Fig. 6 shows a processing method for traffic optimization, which, as shown in fig. 6, includes the following steps 601 to 605:
step 601, an edge application MEC APP initiates a request (i.e. a monitoring request), a consumer serving as an MEP platform traffic optimization engine uses the service, and provides corresponding traffic characteristic parameters (i.e. network access parameters), such as an ip address, a port or a protocol number of a terminal;
step 602, after receiving the request from the MEC APP, the Traffic Engine performs corresponding monitoring according to the Traffic characteristics provided by the edge application, where the monitoring includes the Traffic of the radio access network RAN, the user Plane function UPF, and the Data Plane (i.e. an example of a forwarding node), such as the statistical information of the conditions of the uplink and downlink bandwidth of the Traffic of the characteristics, whether packet loss exists, delay, and the like (i.e. an example of Traffic information);
step 603, the Traffic Engine analyzes the statistical data collected from different network element nodes/data planes according to the Traffic monitoring;
step 604, Traffic Engine synthesizes the collected statistical data, and determines whether the edge application MEC APP has Traffic congestion (or congestion level, percentage, etc.); if so, go to step 605; otherwise, returning to step 602, and continuing to monitor the traffic congestion condition of the MEC APP.
And step 605, giving corresponding countermeasures for the traffic congestion condition of the MEC APP. Specifically, different policies are implemented for different traffic congestion locations. Such as traffic congestion occurring at the radio access network RAN, it is possible to adjust parameters (guaranteed bit rate GBR or maximum bit rate MBR, etc.) at the RAN through RIC API interface (a 1-P); if the congestion occurs in the UPF, the bandwidth of the port where the traffic is located needs to be adjusted, or the Data Plane has congestion, and accordingly, the traffic parameter of the Data Plane needs to be adjusted, so that the purpose of optimizing the traffic is finally achieved.
In some embodiments, Traffic Engine may also introduce an Artificial Intelligence (AI) capability, and may provide some relatively reasonable and comprehensive optimization schemes according to Traffic characteristics, congestion conditions, and places where edge application MEC APPs are collected in an edge computing platform MEP, so as to achieve Traffic optimization Intelligence.

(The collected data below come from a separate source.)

-- ===== src/Store/PubSub/DeadLetter.antt =====
-- What a failed push does (`RecordPushDeliveryFailure`).
use noctaxris_gcp.Base.{
  ℕ, ◌+◌, String, Bool, true, false, ◌&&◌, ◌==◌, ◌≡◌, ◌≢◌, refl, ap, subst, ◌∙◌, inl, inr, List,
  Memᴰ, Option, some, Result, Error, ok, err, arith, eq_iff, select_one, select_one_mem,
  delete_where, delete_where_mem, Bool-cases, Option-cases, Result-cases,
}
use noctaxris_gcp.Store.PubSub.Types.{Db, PubSubSubscription, PubSubMessage, Uuids}
use noctaxris_gcp.Store.PubSub.Subscriptions.{get_subscription}
use noctaxris_gcp.Store.PubSub.Publish.{acked_by}
use noctaxris_gcp.Store.PubSub.Published.{IsPublished, publish_fanout_copies}
use noctaxris_gcp.Store.PubSub.Pull.{
  is_dead_letter, dead_letter_attributes, move_to_dead_letter, record_push_delivery_failure,
}
use noctaxris_gcp.Store.PubSub.Moves.{moved_parts}

-- The message that a failure is about.
abbrev pub failed_message : Db → String → String → Option PubSubMessage
failed_message db subscription ack_id =
    select_one (λ m. m.subscription == subscription && m.ack_id == ack_id) db.messages

-- A message that has gone to the dead-letter topic of its subscription: its attempts were used up,
-- the topic's subscriptions have their copies, which name the subscription it came from, and it is
-- gone.
pub record IsDeadLettered (now : ℕ) (db db' : Db) (subscription ack_id : String) : Type 0 where
  pub sub : PubSubSubscription
  pub found_sub : get_subscription db subscription ≡ some sub
  pub message : PubSubMessage
  pub found : failed_message db subscription ack_id ≡ some message
  pub used_up : is_dead_letter sub (message.delivery_attempts + 1) ≡ true
  pub middle : Db
  pub copies : List PubSubMessage
  pub published :
      IsPublished now db sub.dead_letter_topic message.payload
        (dead_letter_attributes subscription message.attributes)
        middle
        copies
  pub after : db' ≡ record middle { messages = delete_where (acked_by ack_id) middle.messages }
  pub gone : (m : PubSubMessage) → Memᴰ m db'.messages → m.ack_id ≢ ack_id

module _ (uuids : Uuids) where
  -- How a failure ends: with the move of the message, or with another answer.
  data FailureEnd (now : ℕ) (db : Db) (subscription ack_id : String) (out : Db × Result Bool)
      : Type 0 where
    other : out.1 ≢ ok true → FailureEnd now db subscription ack_id out
    moved :
        (sub : PubSubSubscription) (m : PubSubMessage)
        → get_subscription db subscription ≡ some sub
        → failed_message db subscription ack_id ≡ some m
        → is_dead_letter sub (m.delivery_attempts + 1) ≡ true
        → move_to_dead_letter uuids now db sub subscription m ≡ (out.0, ok tt)
        → FailureEnd now db subscription ack_id out

  not_true : {r : Result Bool} → r ≡ ok false → r ≢ ok true
  not_true p q = cc

  error_not_true : {r : Result Bool} {e : Error} → r ≡ err e → r ≢ ok true
  error_not_true p q = cc

  failure_end :
      (now : ℕ) (db : Db) (subscription ack_id : String)
      → FailureEnd now db subscription ack_id
          (record_push_delivery_failure uuids now db subscription ack_id)
  unfolding record_push_delivery_failure
  failure_end now db subscription ack_id = elim (Option-cases (get_subscription db subscription)) [
    | inl p ↦ other (not_true (rw (p, record_push_delivery_failure) refl))
    | inr (sub, p) ↦ elim (Option-cases (failed_message db subscription ack_id)) [
      | inl q ↦ other (not_true (rw (p, q, record_push_delivery_failure) refl))
      | inr (m, q) ↦ elim (Bool-cases (is_dead_letter sub (m.delivery_attempts + 1))) [
        | inr g ↦ other (not_true (rw (p, q, g, record_push_delivery_failure) refl))
        | inl d ↦
            let out = move_to_dead_letter uuids now db sub subscription m in
            elim (Result-cases out.1) [
              | inr (e, r) ↦
                  other
                    (error_not_true {e = e} (rw (p, q, d, r, record_push_delivery_failure) refl))
              | inl (u, r) ↦
                  let same : out.0
                      ≡ (record_push_delivery_failure uuids now db subscription ack_id).0 =
                    rw (p, q, d, r, record_push_delivery_failure) refl in
                  moved sub m p q d (λ j. (same j, r j))
            ]
      ]
    ]
  ]

  failure_parts :
      (now : ℕ) (db : Db) (subscription ack_id : String) {db' : Db}
      → record_push_delivery_failure uuids now db subscription ack_id ≡ (db', ok true)
      → (sub : PubSubSubscription) × (m : PubSubMessage) × (get_subscription db subscription
          ≡ some sub)
        × (failed_message db subscription ack_id ≡ some m)
        × (is_dead_letter sub (m.delivery_attempts + 1) ≡ true)
        × (move_to_dead_letter uuids now db sub subscription m ≡ (db', ok tt))
  failure_parts now db subscription ack_id h = elim (failure_end now db subscription ack_id) [
    | other n ↦ absurd (n (ap (λ (x : Db × Result Bool). x.1) h))
    | moved sub m p q d e ↦ (sub, m, p, q, d, e ∙ ap (λ (x : Db × Result Bool). (x.0, ok tt)) h)
  ]

  failed_ack :
      (db : Db) (subscription ack_id : String) {m : PubSubMessage}
      → failed_message db subscription ack_id ≡ some m
      → m.ack_id ≡ ack_id
  failed_ack db subscription ack_id {m} q =
      let (i, t) =
        select_one_mem (λ x. x.subscription == subscription && x.ack_id == ack_id) db.messages q in
      ground (arith, eq_iff m.ack_id ack_id)

  deleted_gone :
      (rows : List PubSubMessage) (ack_id : String) (m : PubSubMessage)
      → Memᴰ m (delete_where (acked_by ack_id) rows)
      → m.ack_id ≢ ack_id
  deleted_gone rows ack_id m i e =
      let (j, kept) = delete_where_mem (acked_by ack_id) rows i in
      ground (arith, eq_iff m.ack_id ack_id)

  -- A failed push that reports a move was the last attempt that the subscription allows: each
  -- subscription of the dead-letter topic whose filter the attributes match has a fresh copy,
  -- which names the subscription that the message came from, and no message with the
  -- acknowledgement is left.
  pub dead_lettered :
      (now : ℕ) (db : Db) (subscription ack_id : String) {db' : Db}
      → record_push_delivery_failure uuids now db subscription ack_id ≡ (db', ok true)
      → IsDeadLettered now db db' subscription ack_id
  dead_lettered now db subscription ack_id {db'} h =
      let (sub, m, p, q, d, move) = failure_parts now db subscription ack_id h in
      let (mid, id, copies, s, e) = moved_parts uuids now sub subscription db m move in
      let after : db' ≡ record mid { messages = delete_where (acked_by ack_id) mid.messages } =
        e
        ∙ ap (λ (k : String). record mid { messages = delete_where (acked_by k) mid.messages })
            (failed_ack db subscription ack_id q) in
      record {
        sub = sub;
        found_sub = p;
        message = m;
        found = q;
        used_up = d;
        middle = mid;
        copies = copies;
        published =
            publish_fanout_copies uuids now db sub.dead_letter_topic m.payload
              (some (dead_letter_attributes subscription m.attributes)) s;
        after = after;
        gone = λ x k.
            deleted_gone mid.messages ack_id x (subst (λ (d : Db). Memᴰ x d.messages) after k);
      }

In the embodiment of the present application, a concept of a Traffic Engine (Traffic Engine) is introduced first, which may exist as a micro service of an edge computing platform or in other manners, and the Traffic Engine provides a simple and easy-to-use capability of feeding back the service flow quality of an edge application MEC APP to the outside by using information provided by a network-related complex concept, such as an RNIS service. Secondly it can interact with a plurality of services inside the MEC platform, accomplishes functions such as control, analysis and optimization of marginal application MEC APP flow, does not need MEC APP to monitor and optimize the processing to data flow, has reduced the interface and the logic complexity of using. Again it may provide a similar end-to-end optimization scheme, including the entire path traversed by the edge application Data traffic, such as RAN, UPF or Data Plane, etc. Finally, the method can also intelligently identify the flow characteristics of the edge application MEC APP collected in the edge computing platform MEP by means of AI (automatic instruction) capability, learn reasonable parameters of the data flow to form experience, and perform flow optimization based on historical experience; the intelligent flow optimization is achieved by intelligently identifying the application without application participation and actively optimizing.
It should be noted that although the various steps of the methods in this application are depicted in the drawings in a particular order, this does not require or imply that these steps must be performed in this particular order, or that all of the shown steps must be performed, to achieve desirable results. Additionally or alternatively, certain steps may be omitted, multiple steps combined into one step execution, and/or one step broken down into multiple step executions, etc.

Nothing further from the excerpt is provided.